Over the course of the next few months, we chatted through a series of daily video updates, detailing every mundane aspect of our lockdown lives. Even though our friendship looks very different now than it did in the beginning, I couldn’t believe that I had found someone so like me, completely by accident, and during such a strange time. Starting my first proper job after uni, I found another unexpected friendship. Within a week we were inseparable. An extension of my own mind, at the end of the time that we worked together we could practically finish each other's sentences, and she remains to this day one of my best friends. I still can’t believe that I somehow stumbled upon someone else who was so on my wavelength, and who filled a space in my life that I didn’t know needed filling. To me, these stories are proof that we can nd friendship under almost any circumstance. Friendships can be found everywhere, and often when you least expect them.


Making new friends as an adult is not always easy. In my first few months living in London I met countless new faces, most of whom I have only seen a couple of times since then. When you’re constantly surrounded by new people, it can be difficult to feel like you can be completely yourself around them. It can make you second guess yourself and question whether you made a ‘good’ impression on them. As a chronic overthinker, I find new social situations draining, usually over analyzing everything I said or did the minute I get home. Sometimes you just want to be around people who understand you, who know where you’re coming from without you having to explain. For this reason, I have found myself reaching out to reconnect with old friends who I lost touch with, or drifted apart from over the years.
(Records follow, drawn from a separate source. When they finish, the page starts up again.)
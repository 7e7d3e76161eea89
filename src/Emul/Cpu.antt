-- ===== src/Emul/Cpu.antt =====
-- emul/src/cpu.cc and emul/src/memory.cc: the instructions on registers of 16 bits that move, load, store and
-- calculate. A fault ends the run.
use irid.Base.{zero, suc, ℕ, ◌+◌, ◌*◌, ◌-◌, ◌/◌, ◌%◌, ◌==◌, leb, if◌then◌else◌, Result, ok, stop}
use irid.Base.Results.{◌>>=◌}

-- R_R0 to R_R7 are the numbers 0 to 7.
abbrev pub Register : Type 0
Register = ℕ

abbrev pub sp : Register
sp = 0x71

abbrev pub bp : Register
bp = 0x72

-- `m_reg` and `m_mem`, whose size is `total_size`; a cell is a byte.
pub record CpuState : Type 0 where
  pub reg : Register → ℕ
  pub mem : ℕ → ℕ
  pub total_size : ℕ

-- CPUFAULT_SEG, _REG, _USER and _CPUCALL, undefined behaviour, a request to power off, and what is not
-- modelled.
pub data CpuFault : Type 0 where
  segment register user cpucall undefined poweroff not_modelled : CpuFault

abbrev pub Running : Type 0 → Type 0
Running A = Result CpuFault A

-- A value as u16, and as u8.
abbrev pub u16 : ℕ → ℕ
u16 n = n % 65536

abbrev pub u8 : ℕ → ℕ
u8 n = n % 256

-- `r_store`.
unfoldable pub r_store : Register → ℕ → CpuState → CpuState
r_store id value c = record c { reg = λ i. if i == id then u16 value else c.reg i }

-- `memory::read16`; the second byte is a byte of the memory as well.
unfoldable pub read16 : ℕ → CpuState → Running ℕ
read16 addr c =
    if leb c.total_size (addr + 1)
    then stop segment
    else ok (u8 (c.mem addr) + 256 * u8 (c.mem (addr + 1)))

-- `memory::write16`.
unfoldable pub write16 : ℕ → ℕ → CpuState → Running CpuState
write16 addr value c =
    if leb c.total_size (addr + 1)
    then stop segment
    else ok (record c {
      mem =
          λ a. if a == addr + 1 then u8 (value / 256) else if a == addr then u8 value else c.mem a;
    })

-- `push`, of a register of 16 bits.
unfoldable pub push : Register → CpuState → Running CpuState
push src c =
    if c.reg sp == 0
    then stop segment
    else write16 (u16 (c.reg sp + 65534)) (c.reg src) (r_store sp (c.reg sp + 65534) c)

-- `pop`.
unfoldable pub pop : Register → CpuState → Running CpuState
pop dest c = read16 (c.reg sp) c >>= λ value. ok (r_store dest value (r_store sp (c.reg sp + 2) c))

-- `mov`, `mov8` and `mov16`.
unfoldable pub mov : Register → ℕ → CpuState → CpuState
mov dest value c = r_store dest value c

-- `load`.
unfoldable pub load : Register → Register → CpuState → Running CpuState
load dest srcptr c = read16 (c.reg srcptr) c >>= λ value. ok (r_store dest value c)

-- `store`.
unfoldable pub store : Register → Register → CpuState → Running CpuState
store src destptr c = write16 (c.reg destptr) (c.reg src) c

-- `add`, `add8` and `add16`.
unfoldable pub add : Register → ℕ → CpuState → CpuState
add dest value c = r_store dest (c.reg dest + value) c

-- `sub`, `sub8` and `sub16`.
unfoldable pub sub : Register → ℕ → CpuState → CpuState
sub dest value c = r_store dest (c.reg dest + (65536 - u16 value)) c

-- `mul`, `mul8` and `mul16`.
unfoldable pub mul : Register → ℕ → CpuState → CpuState
mul dest value c = r_store dest (c.reg dest * value) c

-- `&` on `w` bits.
abbrev pub bitand : ℕ → ℕ → ℕ → ℕ
bitand zero a b = 0
bitand (suc w) a b = (a % 2) * (b % 2) + 2 * bitand w (a / 2) (b / 2)

-- `and_`, `and8` and `and16`.
unfoldable pub and : Register → ℕ → CpuState → CpuState
and dest value c = r_store dest (bitand 16 (c.reg dest) value) c
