-- ===== src/Emul/Registers.antt =====
-- emul/src/emul.h and emul/src/cpu.cc: registers by the numbers that instructions name them with. `h` is the
-- byte of a register that stands first in memory, its low byte.
use irid.Base.{
  ℕ, ◌+◌, ◌*◌, ◌-◌, ◌/◌, Bool, ◌&&◌, Option, none, some, ◌==◌, leb, ltb, if◌then◌else◌, ok, stop,
}
use irid.Base.Results.{◌>>=◌, or_stop}
use irid.Emul.Cpu.{CpuFault, Register, CpuState, Running, undefined, sp, bp, u8, r_store}

abbrev pub ip : Register
ip = 0x70

-- What a pointer of `regptr` points to.
pub data Cell : Type 0 where
  whole low high : Register → Cell

-- The register at a place of `struct irid_reg`; the flags and what is behind them are left out.
unfoldable pub register_at : ℕ → Option Register
register_at n =
    if ltb n 8
    then some n
    else if n == 8
    then some ip
    else if n == 9
    then some sp
    else if n == 10
    then some bp
    else none

abbrev cell_of : (Register → Cell) → Option Register → Option Cell
cell_of part none = none
cell_of part (some r) = some (part r)

-- `regptr`; `none` is a pointer outside of the registers, or to a word that is not one register.
unfoldable pub regptr : ℕ → Option Cell
regptr id =
    if id == ip
    then some (Cell.whole ip)
    else if id == sp
    then some (Cell.whole sp)
    else if id == bp
    then some (Cell.whole bp)
    else if ltb id 0x10
    then cell_of Cell.whole (register_at id)
    else if ltb id 0x20
    then cell_of Cell.low (register_at (id - 0x10))
    else if leb id 0x23
    then cell_of Cell.high (register_at (id - 0x20))
    else none

-- `is_half_register`.
abbrev pub is_half_register : ℕ → Bool
is_half_register id = leb 0x10 id && leb id 0x23

-- What the cell holds.
unfoldable pub read_cell : Cell → CpuState → ℕ
read_cell (Cell.whole r) c = c.reg r
read_cell (Cell.low r) c = u8 (c.reg r)
read_cell (Cell.high r) c = u8 (c.reg r / 256)

-- The cell takes as much of the value as it has room for.
unfoldable pub write_cell : Cell → ℕ → CpuState → CpuState
write_cell (Cell.whole r) value c = r_store r value c
write_cell (Cell.low r) value c = r_store r (u8 value + 256 * (c.reg r / 256)) c
write_cell (Cell.high r) value c = r_store r (u8 (c.reg r) + 256 * u8 value) c

-- The pointer to a register.
unfoldable pub cell : ℕ → Running Cell
cell id = or_stop undefined (regptr id)

-- `r_load`.
unfoldable pub r_load : ℕ → CpuState → Running ℕ
r_load id c = cell id >>= λ p. ok (read_cell p c)

-- `r_store`, of registers of either width.
unfoldable pub r_put : ℕ → ℕ → CpuState → Running CpuState
r_put id value c = cell id >>= λ p. ok (write_cell p value c)

-- `memory::read8` and `memory::write8`.
unfoldable pub read8 : ℕ → CpuState → Running ℕ
read8 addr c = if leb c.total_size addr then stop CpuFault.segment else ok (u8 (c.mem addr))

unfoldable pub write8 : ℕ → ℕ → CpuState → Running CpuState
write8 addr value c =
    if leb c.total_size addr
    then stop CpuFault.segment
    else ok (record c { mem = λ a. if a == addr then u8 value else c.mem a })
One of my friends from school, who I met when I was 14, has recently come back into my life with all the joy, openness, and familiarity that I was craving. Despite having its foundations years ago, our friendship feels new in so many ways, as we catch up on the years we missed. A few months in, I can’t remember a time when we didn’t see each other.


As we move further into our twenties and everyone’s friendships begin to change, it’s so easy to compare your own to the ones that you see in other people’s perfectly curated Instagram posts; to assume that everyone else has more friends than you, spends more time with them, or is ‘better’ at maintaining their friendships than you are. As we all know by now, social media is not reality, and the friendships you see on there are likely not as perfect as they seem on the outside; even if they are, they shouldn’t be a reflection on the quality or quantity of your own friendships. There is no standard for how many friends we should have, or how much time we should spend with them. If your friendships look less like a girls’ trip to Greece and more like watching a film together in silence, that’s okay! If your friendships are less everyday catch ups and more seeing each other once a month over coffee, that’s okay too! Friendship is what you make it, and each of us want and need different things from our friends. As our lives change and we move further into adulthood, so do our priorities, our plans, and our views of the future.
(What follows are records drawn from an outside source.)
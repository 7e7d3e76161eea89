-- ===== src/Emul/Instructions.antt =====
-- emul/src/cpu.cc: the instructions on registers of either width and on the memory.
use irid.Base.{◌%◌, zero, suc, ℕ, ◌+◌, ◌*◌, ◌-◌, ◌/◌, ◌^◌, Bool, ◌==◌, ltb, if◌then◌else◌, stop}
use irid.Base.Results.{◌>>=◌}
use irid.Emul.Cpu.{CpuState, CpuFault, Running, sp, u16, u8, bitand, r_store, read16, write16}
use irid.Emul.Registers.{is_half_register, r_load, r_put, read8, write8}

-- `push8` and `push16`, with the guard that `push` has as well.
unfoldable pub push_byte : ℕ → CpuState → Running CpuState
push_byte value c =
    if c.reg sp == 0
    then stop CpuFault.segment
    else write8 (u16 (c.reg sp + 65535)) value (r_store sp (c.reg sp + 65535) c)

unfoldable pub push_word : ℕ → CpuState → Running CpuState
push_word value c =
    if c.reg sp == 0
    then stop CpuFault.segment
    else write16 (u16 (c.reg sp + 65534)) value (r_store sp (c.reg sp + 65534) c)

-- `push`.
unfoldable pub i_push : ℕ → CpuState → Running CpuState
i_push src c =
    r_load src c >>= λ value. if is_half_register src then push_byte value c else push_word value c

-- `pop`.
unfoldable pub i_pop : ℕ → CpuState → Running CpuState
i_pop dest c =
    if is_half_register dest
    then (read8 (c.reg sp) c >>= λ value. r_put dest value (r_store sp (c.reg sp + 1) c))
    else read16 (c.reg sp) c >>= λ value. r_put dest value (r_store sp (c.reg sp + 2) c)

-- `load16`, and the part of `load` behind its guard.
unfoldable pub i_load16 : ℕ → ℕ → CpuState → Running CpuState
i_load16 dest addr c =
    (if is_half_register dest then read8 addr c else read16 addr c) >>= λ value. r_put dest value c

-- `load`.
unfoldable pub i_load : ℕ → ℕ → CpuState → Running CpuState
i_load dest srcptr c =
    if is_half_register srcptr
    then stop CpuFault.register
    else r_load srcptr c >>= λ addr. i_load16 dest addr c

-- `store16`, and the part of `store` behind its guard.
unfoldable pub i_store16 : ℕ → ℕ → CpuState → Running CpuState
i_store16 src addr c = r_load src c >>= λ value.
    if is_half_register src then write8 addr value c else write16 addr value c

-- `store`.
unfoldable pub i_store : ℕ → ℕ → CpuState → Running CpuState
i_store src destptr c =
    if is_half_register destptr
    then stop CpuFault.register
    else r_load destptr c >>= λ addr. i_store16 src addr c

-- `null`.
unfoldable pub i_null : ℕ → CpuState → Running CpuState
i_null dest c = r_put dest 0 c

-- `not_`.
unfoldable pub i_not : ℕ → CpuState → Running CpuState
i_not dest c = r_load dest c >>= λ value. r_put dest (65535 - value) c

-- `|` on `w` bits.
abbrev pub bitor : ℕ → ℕ → ℕ → ℕ
bitor zero a b = 0
bitor (suc w) a b = (if a % 2 == 0 then b % 2 else 1) + 2 * bitor w (a / 2) (b / 2)

-- The instructions with a register and a register or immediate that write the register: `mov`, `add`, `sub`,
-- `and_`, `or_` and `mul`.
pub data Operation : Type 0 where
  mov add sub and or mul : Operation

-- What the register takes; `r_store` keeps as much of it as the register has room for.
unfoldable pub operate : Operation → ℕ → ℕ → ℕ
operate Operation.mov left right = right
operate Operation.add left right = left + right
operate Operation.sub left right = left + (65536 - u16 right)
operate Operation.and left right = bitand 16 left right
operate Operation.or left right = bitor 16 left right
operate Operation.mul left right = left * right

unfoldable pub i_operation : Operation → ℕ → ℕ → CpuState → Running CpuState
i_operation op dest right c = r_load dest c >>= λ left. r_put dest (operate op left right) c

-- `cmp`, `cmg` and `cml`: what the compare flag becomes.
pub data Comparison : Type 0 where
  cmp cmg cml : Comparison

unfoldable pub compares : Comparison → ℕ → ℕ → Bool
compares Comparison.cmp left right = left == right
compares Comparison.cmg left right = ltb right left
compares Comparison.cml left right = ltb left right

-- `cmg8` and `cml8` take the left side as u8, and `cmp8` does not.
unfoldable pub compares8 : Comparison → ℕ → ℕ → Bool
unfolding compares
compares8 Comparison.cmp left right = left == right
compares8 how left right = compares how (u8 left) right

-- `shr` and `shr8`; a shift by 32 and more is undefined.
unfoldable pub i_shr : ℕ → ℕ → CpuState → Running CpuState
i_shr dest count c =
    if ltb count 32
    then (r_load dest c >>= λ value. r_put dest (value / 2 ^ count) c)
    else stop CpuFault.undefined

-- `shl` and `shl8`.
unfoldable pub i_shl : ℕ → ℕ → CpuState → Running CpuState
i_shl dest count c =
    if ltb count 32
    then (r_load dest c >>= λ value. r_put dest (value * 2 ^ count) c)
    else stop CpuFault.undefined
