-- ===== src/Emul/Decode.antt =====
-- include/irid/arch.h and the `switch` of cpu::mainloop: what the bytes at the instruction pointer say.
use irid.Base.{ℕ, ◌+◌, List, [], ◌∷◌, ◌==◌, if◌then◌else◌, ok}
use irid.Base.Results.{◌>>=◌}
use irid.Emul.Cpu.{CpuState, Running, u16, read16}
use irid.Emul.Registers.{ip, read8}
use irid.Emul.Instructions.{Operation, Comparison}

-- An instruction with its operands: numbers of registers, bytes and words.
pub data Instruction : Type 0 where
  nop cpucall rti sti dsi cfs ret : Instruction
  push push8 push16 pop null not callr jmp jeq call : ℕ → Instruction
  load store load16 store16 jnz shr shr8 shl shl8 : ℕ → ℕ → Instruction
  operation operation_imm : Operation → ℕ → ℕ → Instruction
  comparison comparison8 comparison16 : Comparison → ℕ → ℕ → Instruction

-- Which operands the instruction reads: a byte or a word behind the opcode, two bytes, or a byte and a word.
pub data Form : Type 0 where
  plain : Instruction → Form
  byte word : (ℕ → Instruction) → Form
  bytes byte_word : (ℕ → ℕ → Instruction) → Form

-- The forms with a register, a byte and a word at one opcode and the two behind it; a byte and a word are
-- both taken as they are.
abbrev operation_forms : ℕ → Operation → List (ℕ × Form) → List (ℕ × Form)
operation_forms op o rest =
    (op, Form.bytes (operation o))
    ∷ (op + 1, Form.bytes (operation_imm o))
    ∷ (op + 2, Form.byte_word (operation_imm o))
    ∷ rest

abbrev comparison_forms : ℕ → Comparison → List (ℕ × Form) → List (ℕ × Form)
comparison_forms op o rest =
    (op, Form.bytes (comparison o))
    ∷ (op + 1, Form.bytes (comparison8 o))
    ∷ (op + 2, Form.byte_word (comparison16 o))
    ∷ rest

-- The `switch`.
abbrev pub forms : List (ℕ × Form)
forms =
    (0x01, Form.plain cpucall)
    ∷ (0x02, Form.plain rti)
    ∷ (0x03, Form.plain sti)
    ∷ (0x04, Form.plain dsi)
    ∷ (0x10, Form.byte push)
    ∷ (0x11, Form.byte push8)
    ∷ (0x12, Form.word push16)
    ∷ (0x13, Form.byte pop)
    ∷ operation_forms 0x14 Operation.mov (
        (0x17, Form.bytes load)
        ∷ (0x18, Form.bytes store)
        ∷ (0x19, Form.byte null)
        ∷ comparison_forms 0x1a Comparison.cmp (
            comparison_forms 0x1d Comparison.cmg (
              comparison_forms 0x20 Comparison.cml (
                (0x23, Form.byte_word load16)
                ∷ (0x24, Form.byte_word store16)
                ∷ (0x25, Form.plain cfs)
                ∷ (0x30, Form.word jmp)
                ∷ (0x31, Form.byte_word jnz)
                ∷ (0x32, Form.word jeq)
                ∷ (0x33, Form.word call)
                ∷ (0x34, Form.byte callr)
                ∷ (0x35, Form.plain ret)
                ∷ operation_forms 0x36 Operation.add (
                    operation_forms 0x39 Operation.sub (
                      operation_forms 0x3c Operation.and (
                        operation_forms 0x3f Operation.or (
                          (0x42, Form.byte not)
                          ∷ (0x43, Form.bytes shr)
                          ∷ (0x44, Form.bytes shr8)
                          ∷ (0x45, Form.bytes shl)
                          ∷ (0x46, Form.bytes shl8)
                          ∷ operation_forms 0x47 Operation.mul []))))))))

-- An opcode that no case takes does nothing.
abbrev pub find_form : List (ℕ × Form) → ℕ → Form
find_form [] op = Form.plain nop
find_form ((code, form) ∷ fs) op = if code == op then form else find_form fs op

-- The operands are read at the places behind the opcode; addresses are of type u16.
unfoldable pub read_form : Form → ℕ → CpuState → Running Instruction
read_form (Form.plain i) at c = ok i
read_form (Form.byte f) at c = read8 (u16 (at + 1)) c >>= λ a. ok (f a)
read_form (Form.word f) at c = read16 (u16 (at + 1)) c >>= λ a. ok (f a)
read_form (Form.bytes f) at c =
    read8 (u16 (at + 1)) c >>= λ a. read8 (u16 (at + 2)) c >>= λ b. ok (f a b)
read_form (Form.byte_word f) at c =
    read8 (u16 (at + 1)) c >>= λ a. read16 (u16 (at + 2)) c >>= λ b. ok (f a b)

-- The instruction at the instruction pointer.
unfoldable pub fetch : CpuState → Running Instruction
fetch c = read8 (c.reg ip) c >>= λ op. read_form (find_form forms op) (c.reg ip) c
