-- ===== src/Emul/Fetch.antt =====
-- What the processor reads at four bytes.
use irid.Base.{ℕ, ◌+◌, ◌*◌, ◌≤◌, ◌<◌, ◌≡◌, refl, false, leb, ok, arith}
use irid.Emul.Cpu.{CpuState, u16, u8, read16}
use irid.Emul.Registers.{ip, read8}
use irid.Emul.Decode.{Instruction, Form, forms, find_form, read_form, fetch}

-- The four bytes from an address on.
pub record Holds (c : CpuState) (at op a b d : ℕ) : Type 0 where
  pub room : at + 3 < c.total_size
  pub at_0 : c.mem at ≡ op
  pub at_1 : c.mem (at + 1) ≡ a
  pub at_2 : c.mem (at + 2) ≡ b
  pub at_3 : c.mem (at + 3) ≡ d

-- The instruction of a form, with its operands taken from the three bytes behind the opcode.
abbrev pub decoded : Form → ℕ → ℕ → ℕ → Instruction
decoded (Form.plain i) a b d = i
decoded (Form.byte f) a b d = f (u8 a)
decoded (Form.word f) a b d = f (u8 a + 256 * u8 b)
decoded (Form.bytes f) a b d = f (u8 a) (u8 b)
decoded (Form.byte_word f) a b d = f (u8 a) (u8 b + 256 * u8 d)

read8-ok :
    (c : CpuState) (at value : ℕ)
    → at < c.total_size
    → c.mem at ≡ value
    → read8 at c ≡ ok (u8 value)
unfolding read8
read8-ok c at value room e =
    let inside : leb c.total_size at ≡ false = ground arith in rw (inside, e) refl

read16-ok :
    (c : CpuState) (at x y : ℕ)
    → at + 1 < c.total_size
    → c.mem at ≡ x
    → c.mem (at + 1) ≡ y
    → read16 at c ≡ ok (u8 x + 256 * u8 y)
unfolding read16
read16-ok c at x y room e e' =
    let inside : leb c.total_size (at + 1) ≡ false = ground arith in rw (inside, e, e') refl

module _ (c : CpuState) (at op a b d : ℕ) (h : Holds c at op a b d) (fits : at + 4 ≤ 65536) where
  next : u16 (at + 1) ≡ at + 1
  next = omega arith

  third : u16 (at + 2) ≡ at + 2
  third = omega arith

  word_1 : read16 (at + 1) c ≡ ok (u8 a + 256 * u8 b)
  word_1 =
      let e : at + 1 + 1 ≡ at + 2 = omega arith in
      read16-ok c (at + 1) a b (omega (arith, h.room)) h.at_1 (rw e h.at_2)

  word_2 : read16 (at + 2) c ≡ ok (u8 b + 256 * u8 d)
  word_2 =
      let e : at + 2 + 1 ≡ at + 3 = omega arith in
      read16-ok c (at + 2) b d (omega (arith, h.room)) h.at_2 (rw e h.at_3)

  read_form-decoded : (form : Form) → read_form form at c ≡ ok (decoded form a b d)
  unfolding read_form
  read_form-decoded (Form.plain i) = refl
  read_form-decoded (Form.byte f) =
      rw (next, read8-ok c (at + 1) a (omega (arith, h.room)) h.at_1) refl
  read_form-decoded (Form.word f) = rw (next, word_1) refl
  read_form-decoded (Form.bytes f) =
      rw
        (
          next,
          third,
          read8-ok c (at + 1) a (omega (arith, h.room)) h.at_1,
          read8-ok c (at + 2) b (omega (arith, h.room)) h.at_2,
        )
        refl
  read_form-decoded (Form.byte_word f) =
      rw (next, third, read8-ok c (at + 1) a (omega (arith, h.room)) h.at_1, word_2) refl

  pub fetch-decoded : c.reg ip ≡ at → op < 256 → fetch c ≡ ok (decoded (find_form forms op) a b d)
  unfolding fetch
  fetch-decoded e small =
      let opcode : u8 op ≡ op = omega arith in
      rw (e, read8-ok c at op (omega (arith, h.room)) h.at_0, opcode)
        (read_form-decoded (find_form forms op))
As we grow and change, so do our friendships. Unlike at school and uni when you’re thrown together almost every day and making friends is fairly easy, adult friendships require a lot more effort. It's natural to grow apart from people when you are on different paths, or at different parts in your journey; it’s not always easy to relate to someone whose life seems so different to yours. A friendship has not ‘failed’ if it doesn’t last for very long, it has simply reached a natural ending. Every friendship you have, no matter how long, teaches you something about people, about yourself, and about life. Sometimes growth can strengthen friendships, giving you new opportunities to support your friends in their own journeys, and to help them achieve their goals.


I am so aware of how lucky I am to have such incredible friendships. At risk of sounding patronizing, for those of you who are struggling with your friendships at the moment, or are finding it difficult to meet new people that you get along with, have faith. My advice is simply to be open to friendship in all its forms. Our future friends are everywhere, and we can continue nding them for many, many years to come!